Abstract: To compare the density and binding characteristics of opioid receptor subtypes in horse, rat, and guinea pig cerebral cortex and cerebellum. Methods: Prospective receptor binding study. Methods: Whole brains were obtained from four neurologically normal adult horses during necropsy. Rat and guinea pig brains were obtained commercially. Methods: The cerebellum and cerebral cortex were dissected from each brain, and tissue homogenates prepared. A radioligand binding technique with the highly selective ligands [(3)H]-DAMGO, [(3)H]-U69593, and [(3)H]-DPDPE was used to identify the mu- (mu), kappa- (kappa) and delta- (delta) opioid receptors, respectively. Competitive binding assays were performed with these ligands and varying concentrations of one of multiple unlabeled ligands.

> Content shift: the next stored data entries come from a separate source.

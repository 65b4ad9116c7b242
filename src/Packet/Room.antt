-- ===== src/Packet/Room.antt =====
-- `reserved` is what sshbuf_reserve answers on a buffer of the packet layer.
use libopenssh.Base.{ℕ, ◌+◌, ◌≡◌, inl, inr, refl, Bool, true, false, arith, length, ltb}
use libopenssh.Err.{Result, ok, err, fault}
use libopenssh.Libc.{Allocator}
use libopenssh.Sshbuf.{Sshbuf, size_max, locked, reserve}
use libopenssh.Sshbuf.Sanity.{WellFormed}
use libopenssh.Sshbuf.Content.{content}
use libopenssh.Sshbuf.Reserve.{Reserved, reserve-Reserved}
use libopenssh.Sshbuf.Refusals.{Refused-cases}
use libopenssh.Packet.{Env, reserved}

-- The result without the offset.
abbrev outcome : Result ℕ → Result (Unit {0})
outcome (ok _) = ok tt
outcome (err e) = err e
outcome fault = fault

-- Memory is granted, or not.
abbrev granting : {C : Type 0} → Env C → Bool → Env C
granting env granted = record env { room = λ n. granted }

module _ {C : Type 0} (env : Env C) (m : Allocator) (b : Sshbuf) (n : ℕ) (u : locked b ≡ false)
    (new : b.max_size ≡ size_max) where
  abbrev Answered : Sshbuf × Result ℕ → Type 0
  Answered out =
      (granted : Bool) × (outcome out.1 ≡ reserved (granting env granted) (length (content b) + n))

  Reserved-Answered : (out : Sshbuf × Result ℕ) → Reserved m b n out → Answered out
  unfolding reserved
  Reserved-Answered (c, ok p) (_, (_, low)) =
      let small : ltb size_max (length (content b) + n) ≡ false = ground (arith, low, new) in
      (true, rw small refl)
  Reserved-Answered (c, err e) (_, r) = elim (Refused-cases m b n e r) [
    | inl (_, shut) ↦ cc (u, shut)
    | inr (inl (is, _, over)) ↦
        let full : ltb size_max (length (content b) + n) ≡ true = ground (arith, over, new) in
        (true, rw (is, full) refl)
    | inr (inr (is, (_, low), _)) ↦
        let small : ltb size_max (length (content b) + n) ≡ false = ground (arith, low, new) in
        (false, rw (is, small) refl)
  ]
  Reserved-Answered (c, fault) r = absurd r

  -- On a well-formed buffer that is writable and has the limit of a new one, sshbuf_reserve answers as
  -- `reserved` does for the length of the queue with the new bytes, where memory is granted or not.
  reserve-Answered : WellFormed b → Answered (reserve m n b)
  reserve-Answered w = Reserved-Answered (reserve m n b) (reserve-Reserved m b n w)
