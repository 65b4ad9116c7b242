-- ===== src/Queue.antt =====
-- What ssh/sshbuf.c and ssh/sshbuf-getput-basic.c promise of a buffer: a bounded queue of bytes. Its
-- calls are answered by a relation, since realloc may refuse memory at any time.
pub mod Calls
use libopenssh.Base.{
  ℕ, ◌+◌, ◌≤◌, ◌<◌, ◌≡◌, ◌⊎◌, Bool, true, false, Bytes, List, [], ◌∷◌, ◌++◌, length, take, drop,
}
use libopenssh.Err.{
  Result, ok, err, buffer_read_only, no_buffer_space, alloc_fail, message_incomplete,
}
use libopenssh.Getput.{u32_of, u32_bytes, string_max}

-- The bytes from the oldest to the newest, how many there may be, and whether none may be added.
pub record Queue : Type 0 where
  pub bytes : Bytes
  pub limit : ℕ
  pub frozen : Bool

-- The calls of a client. A string comes out as a copy, which may be refused.
pub data Call : Type 0 where
  put : Bytes → Call
  put_string : Bytes → Call
  get : ℕ → Call
  get_string : Bool → Call
  consume : ℕ → Call
  consume_end : ℕ → Call

abbrev pub Fits : ℕ → Queue → Type 0
Fits n q = (q.frozen ≡ false) × (n + length q.bytes ≤ q.limit)

-- Why `n` bytes are not added.
abbrev pub Refuses : ℕ → Queue → Result Bytes → Type 0
Refuses n q (err buffer_read_only) = q.frozen ≡ true
Refuses n q (err no_buffer_space) = (q.frozen ≡ false) × (q.limit < n + length q.bytes)
Refuses n q (err alloc_fail) = Fits n q
Refuses n q _ = ⊥

abbrev pub Short : ℕ → Queue → Result Bytes → Type 0
Short n q r = (length q.bytes < n) × (r ≡ err message_incomplete)

-- The queue starts with a complete string of `n` bytes, or it does not.
abbrev pub StartsWith : ℕ → Queue → Type 0
StartsWith n q = (4 ≤ length q.bytes) × (u32_of q.bytes ≡ n) × (n + 4 ≤ length q.bytes)

abbrev pub NoString : Queue → Type 0
NoString q = (length q.bytes < 4) ⊎ ((4 ≤ length q.bytes) × (length q.bytes < u32_of q.bytes + 4))

abbrev pub without : ℕ → Queue → Queue
without n q = record q { bytes = drop n q.bytes }

-- `Answers q call r q'`: the queue `q` may answer `call` by `r` and be `q'` then.
abbrev pub Answers : Queue → Call → Result Bytes → Queue → Type 0
Answers q (put v) r q' =
    ((r ≡ ok []) × Fits (length v) q × (q' ≡ record q { bytes = q.bytes ++ v }))
    ⊎ (Refuses (length v) q r × (q' ≡ q))
Answers q (put_string v) r q' =
    ((r ≡ ok [])
      × (length v ≤ string_max)
      × Fits (length v + 4) q
      × (q' ≡ record q { bytes = q.bytes ++ (u32_bytes (length v) ++ v) }))
    ⊎ ((string_max < length v) × (r ≡ err no_buffer_space) × (q' ≡ q))
    ⊎ (Refuses (length v + 4) q r × (q' ≡ q))
Answers q (get n) r q' =
    ((n ≤ length q.bytes) × (r ≡ ok (take n q.bytes)) × (q' ≡ without n q))
    ⊎ (Short n q r × (q' ≡ q))
Answers q (get_string true) r q' =
    ((n : ℕ) × StartsWith n q
      × (r ≡ ok (take n (drop 4 q.bytes) ++ (0 ∷ [])))
      × (q' ≡ without (n + 4) q))
    ⊎ (NoString q × (r ≡ err message_incomplete) × (q' ≡ q))
Answers q (get_string false) r q' =
    ((n : ℕ) × StartsWith n q × (r ≡ err alloc_fail) × (q' ≡ without (n + 4) q))
    ⊎ (NoString q × (r ≡ err message_incomplete) × (q' ≡ q))
Answers q (consume n) r q' =
    ((n ≤ length q.bytes) × (r ≡ ok []) × (q' ≡ without n q)) ⊎ (Short n q r × (q' ≡ q))
Answers q (consume_end n) r q' =
    ((n ≤ length q.bytes)
      × (r ≡ ok [])
      × ((kept : Bytes) × (left : Bytes) × (q.bytes ≡ kept ++ left)
          × (length left ≡ n)
          × (q' ≡ record q { bytes = kept })))
    ⊎ (Short n q r × (q' ≡ q))

-- A queue may answer the calls one after the other by the given results, and be `q'` in the end.
abbrev pub Explains : Queue → List Call → List (Result Bytes) → Queue → Type 0
Explains q [] [] q' = q' ≡ q
Explains q (c ∷ cs) (r ∷ rs) q' = (next : Queue) × Answers q c r next × Explains next cs rs q'
Explains q _ _ q' = ⊥
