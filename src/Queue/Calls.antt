-- ===== src/Queue/Calls.antt =====
-- The buffer's functions as answers to the calls of its clients, in any order.
use libopenssh.Base.{
  zero, suc, ℕ, ◌+◌, ◌-◌, ◌≤◌, ◌<◌, ◌≡◌, inl, inr, refl, ap, sym, ◌∙◌, subst, Bool, true, false,
  arith, Bool-cases, Bytes, List, [], ◌∷◌, ◌++◌, length, take, drop, ltb, take-append-drop,
  length-drop,
}
use libopenssh.Err.{Error, Result, ok, err, fault, alloc_fail, message_incomplete}
use libopenssh.Libc.{Allocator}
use libopenssh.Sshbuf.{Sshbuf, Op, locked}
use libopenssh.Sshbuf as S
use libopenssh.Sshbuf.Sanity.{WellFormed}
use libopenssh.Sshbuf.Keeps.{Keeps}
use libopenssh.Sshbuf.Refusals.{Refused-cases}
use libopenssh.Sshbuf.Reserve.{Refused}
use libopenssh.Sshbuf.Content.{
  content, consume_ok, consume_short, consume_end_ok, consume_end_short, advance,
  advance-WellFormed, content-advance, retract, retract-WellFormed, content-retract,
}
use libopenssh.Getput as G
use libopenssh.Getput.Put.{Written, put-Written}
use libopenssh.Getput.PutString.{StringWritten, put_string-StringWritten}
use libopenssh.Getput.Get.{Got, Takes, get-Got}
use libopenssh.Getput.GetString.{StringGot, get_string-StringGot}
use libopenssh.Queue.{
  Queue, Call, put, put_string, get, get_string, consume, consume_end, Refuses, without, Answers,
  Explains,
}

-- A result without a value.
abbrev pub silent : {A : Type 0} → Sshbuf × Result A → Sshbuf × Result Bytes
silent (b, ok _) = (b, ok [])
silent (b, err e) = (b, err e)
silent (b, fault) = (b, fault)

-- The pointer of a string that is returned with its length.
abbrev pub bytes_of : Sshbuf × Result (Bytes × ℕ) → Sshbuf × Result Bytes
bytes_of (b, ok (v, n)) = (b, ok v)
bytes_of (b, err e) = (b, err e)
bytes_of (b, fault) = (b, fault)

unfoldable pub perform : Allocator → Call → Op Bytes
perform m (put v) b = silent (G.put m v b)
perform m (put_string v) b = silent (G.put_string m v b)
perform m (get n) b = G.get n b
perform m (get_string copy_ok) b = bytes_of (G.get_string copy_ok b)
perform m (consume n) b = silent (S.consume n b)
perform m (consume_end n) b = silent (S.consume_end n b)

-- The calls in order, with what each returns.
unfoldable pub perform_all : Allocator → List Call → Sshbuf → Sshbuf × List (Result Bytes)
perform_all m [] b = (b, [])
perform_all m (c ∷ cs) b =
    let (b', r) = perform m c b in let (d, rs) = perform_all m cs b' in (d, r ∷ rs)

-- The queue that a buffer stands for.
abbrev pub queue_of : Sshbuf → Queue
queue_of b = record { bytes = content b; limit = b.max_size; frozen = locked b }

queue_eq :
    (b c : Sshbuf) (v : Bytes)
    → content c ≡ v
    → c.max_size ≡ b.max_size
    → c.readonly ≡ b.readonly
    → c.refcount ≡ b.refcount
    → queue_of c ≡ record (queue_of b) { bytes = v }
queue_eq b c v h k l n = cc (h, k, l, n)

Keeps-queue : {b c : Sshbuf} → Keeps b c → queue_of c ≡ queue_of b
Keeps-queue {b} {c} k =
    queue_eq b c (content b) k.content_kept k.max_size_kept k.readonly_kept k.refcount_kept

-- A buffer answers as a queue, and stays well formed.
abbrev pub Refines : Sshbuf → Call → Sshbuf × Result Bytes → Type 0
Refines b c (b', r) = WellFormed b' × Answers (queue_of b) c r (queue_of b')

Refused-Refuses :
    (m : Allocator) (b c : Sshbuf) (n : ℕ) (e : Error)
    → Keeps b c
    → Refused m b n e
    → Refuses n (queue_of b) (err e) × (queue_of c ≡ queue_of b)
Refused-Refuses m b c n e k why = elim (Refused-cases m b n e why) [
  | inl (is, u) ↦ rw is (u, Keeps-queue k)
  | inr (inl (is, u, h)) ↦ rw is ((u, h), Keeps-queue k)
  | inr (inr (is, fits, _)) ↦ rw is (fits, Keeps-queue k)
]

Written-Refines :
    (m : Allocator) (b : Sshbuf) (v : Bytes) (out : Sshbuf × Result (Unit {0}))
    → Written m b v out
    → Refines b (put v) (silent out)
Written-Refines m b v (c, ok _) (a, fits) = (
  a.well_formed,
  inl (
    refl,
    fits,
    queue_eq b c (content b ++ v) a.appended a.max_size_kept a.readonly_kept a.refcount_kept,
  ),
)
Written-Refines m b v (c, err e) (k, why) =
    (k.well_formed, inr (Refused-Refuses m b c (length v) e k why))
Written-Refines m b v (c, fault) h = absurd h

StringWritten-Refines :
    (m : Allocator) (b : Sshbuf) (v : Bytes) (out : Sshbuf × Result (Unit {0}))
    → StringWritten m b v out
    → Refines b (put_string v) (silent out)
StringWritten-Refines m b v (c, ok _) (a, short, fits) = (
  a.well_formed,
  inl (
    refl,
    short,
    fits,
    queue_eq b c _ a.appended a.max_size_kept a.readonly_kept a.refcount_kept,
  ),
)
StringWritten-Refines m b v (c, err e) (k, inl (long, is)) =
    (k.well_formed, inr (inl (long, ap err is, Keeps-queue k)))
StringWritten-Refines m b v (c, err e) (k, inr why) =
    (k.well_formed, inr (inr (Refused-Refuses m b c (length v + 4) e k why)))
StringWritten-Refines m b v (c, fault) h = absurd h

drop-take_append : (n : ℕ) (xs ys : Bytes) → n ≤ length xs → drop n (take n xs ++ ys) ≡ ys
drop-take_append zero xs ys h = refl
drop-take_append (suc n) [] ys h = absurd (omega arith)
drop-take_append (suc n) (x ∷ xs) ys h = drop-take_append n xs ys (omega arith)

-- What is taken from the front is gone.
Takes-queue :
    {b c : Sshbuf} (n : ℕ)
    → n ≤ length (content b)
    → Takes b (take n (content b)) c
    → queue_of c ≡ without n (queue_of b)
Takes-queue {b} {c} n h t =
    queue_eq b c (drop n (content b))
      (sym (ap (drop n) t.taken ∙ drop-take_append n (content b) (content c) h)) t.max_size_kept
      t.readonly_kept t.refcount_kept

Got-Refines :
    (n : ℕ) (b : Sshbuf) (out : Sshbuf × Result Bytes)
    → WellFormed b
    → Got (λ v. v) n b out
    → Refines b (get n) out
Got-Refines n b (c, ok v) w (h, t, is) = (t.well_formed, inl (h, ap ok is, Takes-queue n h t))
Got-Refines n b (c, err e) w (few, same, is) =
    (subst WellFormed (sym same) w, inr ((few, ap err is), ap queue_of same))
Got-Refines n b (c, fault) w h = absurd h

StringGot-Refines :
    (copy_ok : Bool) (b : Sshbuf) (out : Sshbuf × Result (Bytes × ℕ))
    → WellFormed b
    → StringGot copy_ok b out
    → Refines b (get_string copy_ok) (bytes_of out)
StringGot-Refines true b (c, ok (v, n)) w (has, t, is, _) =
    (t.well_formed, inl (n, has, ap ok is, Takes-queue (n + 4) has.2 t))
StringGot-Refines false b (c, ok (v, n)) w (has, t, is, no_copy) = cc no_copy
StringGot-Refines true b (c, err message_incomplete) w (no_string, same) =
    (subst WellFormed (sym same) w, inr (no_string, refl, ap queue_of same))
StringGot-Refines false b (c, err message_incomplete) w (no_string, same) =
    (subst WellFormed (sym same) w, inr (no_string, refl, ap queue_of same))
StringGot-Refines true b (c, err alloc_fail) w (no_copy, _) = cc no_copy
StringGot-Refines false b (c, err alloc_fail) w (_, (n, has, t)) =
    (t.well_formed, inl (n, has, refl, Takes-queue (n + 4) has.2 t))
StringGot-Refines copy_ok b (c, err _) w h = absurd h
StringGot-Refines copy_ok b (c, fault) w h = absurd h

module _ (n : ℕ) (b : Sshbuf) (w : WellFormed b) where
  consume-Refines : Refines b (consume n) (silent (S.consume n b))
  consume-Refines = elim (Bool-cases (ltb (length (content b)) n)) [
    | inl few ↦
        let short : length (content b) < n = ground arith in
        rw (consume_short b n w short) (w, inr ((short, refl), refl))
    | inr all ↦
        let h : n ≤ length (content b) = ground arith in
        rw (consume_ok b n w h) (
          advance-WellFormed b n w h,
          inl (h, refl, queue_eq b (advance n b) _ (content-advance b n w h) refl refl refl),
        )
  ]

  consume_end-Refines : Refines b (consume_end n) (silent (S.consume_end n b))
  consume_end-Refines = elim (Bool-cases (ltb (length (content b)) n)) [
    | inl few ↦
        let short : length (content b) < n = ground arith in
        rw (consume_end_short b n w short) (w, inr ((short, refl), refl))
    | inr all ↦
        let h : n ≤ length (content b) = ground arith in
        let k = length (content b) - n in
        rw (consume_end_ok b n w h) (
          retract-WellFormed b n w h,
          inl (
            h,
            refl,
            (
              take k (content b),
              drop k (content b),
              sym (take-append-drop k (content b)),
              omega (arith, length-drop k (content b)),
              queue_eq b (retract n b) _ (content-retract b n w h) refl refl refl,
            ),
          ),
        )
  ]

perform-Refines :
    (m : Allocator) (c : Call) (b : Sshbuf) → WellFormed b → Refines b c (perform m c b)
unfolding perform
perform-Refines m (put v) b w = Written-Refines m b v (G.put m v b) (put-Written m b v w)
perform-Refines m (put_string v) b w =
    StringWritten-Refines m b v (G.put_string m v b) (put_string-StringWritten m b v w)
perform-Refines m (get n) b w = Got-Refines n b (G.get n b) w (get-Got n b w)
perform-Refines m (get_string copy_ok) b w =
    StringGot-Refines copy_ok b (G.get_string copy_ok b) w (get_string-StringGot copy_ok b w)
perform-Refines m (consume n) b w = consume-Refines n b w
perform-Refines m (consume_end n) b w = consume_end-Refines n b w

-- From every well-formed buffer, whatever calls a client makes in whatever order and whenever the
-- allocator refuses memory, the results are answers that the bounded queue of the buffer's bytes may
-- give to these calls in this order, and the buffer that is left is well formed and stands for the
-- queue that is left.
pub perform_all-Refines :
    (m : Allocator) (cs : List Call) (b : Sshbuf)
    → WellFormed b
    → WellFormed (perform_all m cs b).0
      × Explains (queue_of b) cs (perform_all m cs b).1 (queue_of (perform_all m cs b).0)
unfolding perform_all
perform_all-Refines m [] b w = (w, refl)
perform_all-Refines m (c ∷ cs) b w =
    let (w', a) = perform-Refines m c b w in
    let (w'', rest) = perform_all-Refines m cs (perform m c b).0 w' in
    (w'', (queue_of (perform m c b).0, a, rest))
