-- ===== src/Sharing/Dangling.antt =====
-- `sshbuf_free` on a chain of a buffer, its child and the child of that.
use libopenssh.Base.{ℕ, suc, ◌-◌, ◌≤◌, ◌≡◌, refl, ◌∙◌, false, arith, some, none, ◌==◌}
use libopenssh.Sshbuf.{Sshbuf}
use libopenssh.Sshbuf.Sanity.{IsSane, insane-IsSane}
use libopenssh.Sharing.Drop.{dropped, free-Dropped, free-root}
use libopenssh.Sharing.{Store, free}

-- A buffer with one reference less and no parent.
abbrev pub released : Sshbuf → Sshbuf
released b = record b { parent = none; refcount = b.refcount - 1 }

dropped-released : (b : Sshbuf) → 2 ≤ b.refcount → dropped b ≡ some (released b)
dropped-released b h = ground arith

two_refs : (b : Sshbuf) → b.refcount ≡ 2 → 2 ≤ b.refcount
two_refs b h = omega (arith, h)

released-IsSane : (b : Sshbuf) → IsSane b → b.refcount ≡ 2 → IsSane (released b)
released-IsSane b s h = ground (arith, s, h)

released-gone : (b : Sshbuf) → b.refcount ≡ 2 → dropped (released b) ≡ none
released-gone b h = rw h refl

swap_apart : (i j : ℕ) → (i == j) ≡ false → (j == i) ≡ false
swap_apart i j h = ground arith

-- A chain in the store: `y` at `b` reads the block of `x` at `a`, and `z` at `c` that of `y`.
pub record Chain (st : Store) (a b c : ℕ) (x y z : Sshbuf) : Type 0 where
  pub at_a : st a ≡ some x
  pub at_b : st b ≡ some y
  pub at_c : st c ≡ some z
  pub x-sane : IsSane x
  pub y-sane : IsSane y
  pub x-root : x.parent ≡ none
  pub y-child : y.parent ≡ some a
  pub x-held : x.refcount ≡ 2
  pub y-held : y.refcount ≡ 2
  pub b-apart : (b == a) ≡ false
  pub c-apart_a : (c == a) ≡ false
  pub c-apart_b : (c == b) ≡ false

-- In a chain of three buffers, the first two of them sane and owned once besides their child, the
-- owner of the second gives it up: it stays, but its reference to the first is gone. When the owner
-- of the first gives that up, it ends, though the third, which reads its block, is there as before.
pub free-dangling :
    (fuel : ℕ) {a b c : ℕ} {x y z : Sshbuf} (st : Store)
    → Chain st a b c x y z
    → (mid out : Store) × (free (suc (suc fuel)) (some b) st ≡ some mid)
      × (mid b ≡ some (released y))
      × (mid a ≡ some (released x))
      × (free (suc fuel) (some a) mid ≡ some out)
      × (out a ≡ none)
      × (out b ≡ some (released y))
      × (out c ≡ some z)
free-dangling fuel {a} {b} {c} {x} {y} {z} st h =
    let (up, run, (x_up, same)) =
      free-root fuel a x st h.at_a (insane-IsSane x h.x-sane) h.x-root in
    let climb : free (suc fuel) y.parent st ≡ some up = rw h.y-child run in
    let (mid, run', (y_mid, same')) =
      free-Dropped (suc fuel) b y st up h.at_b (insane-IsSane y h.y-sane) climb
        (same b h.b-apart ∙ h.at_b) in
    let x_mid : mid a ≡ some (released x) =
      same' a (swap_apart b a h.b-apart) ∙ x_up ∙ dropped-released x (two_refs x h.x-held) in
    let y_at : mid b ≡ some (released y) = y_mid ∙ dropped-released y (two_refs y h.y-held) in
    let (out, run'', (x_out, same'')) =
      free-root fuel a (released x) mid x_mid
        (insane-IsSane (released x) (released-IsSane x h.x-sane h.x-held)) refl in
    (
      mid,
      out,
      run',
      y_at,
      x_mid,
      run'',
      x_out ∙ released-gone x h.x-held,
      same'' b h.b-apart ∙ y_at,
      same'' c h.c-apart_a ∙ same' c h.c-apart_b ∙ same c h.c-apart_a ∙ h.at_c,
    )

Results: While there were marked species differences in relative densities of opioid receptors, all radioligands interacted with their binding sites with high, nanomolar affinity in both the cerebral cortex and cerebellum. In the horse cerebral cortex, the percentages of total opioid binding sites for the mu-, kappa- and delta-receptors were 71%, 14% and 15%, respectively. In the rat and guinea pig cerebral cortex, the corresponding values were 56% mu-, 4% kappa- and 40% delta-receptors, and 25% mu-, 37% kappa- and 38% delta-receptors, respectively. In horse and guinea pig cerebellum, the binding was 37% mu-, 59% kappa- and 4% delta-receptors, and 15% mu-, 76% kappa- and 10% delta-receptors, respectively. For competitive analysis, all competitors of the mu-, kappa- and delta-receptors completely displaced [(3)H]-DAMGO, [(3)H]-U69593, and [(3)H]-DPDPE and had inhibitory constants in the nanomolar range. Conclusions: Horses used in this study had a greater density of mu-receptors in the cerebral cortex compared with rats and guinea pigs but without further characterization of the functional role of these receptors it is impossible to determine the clinical significance of these data.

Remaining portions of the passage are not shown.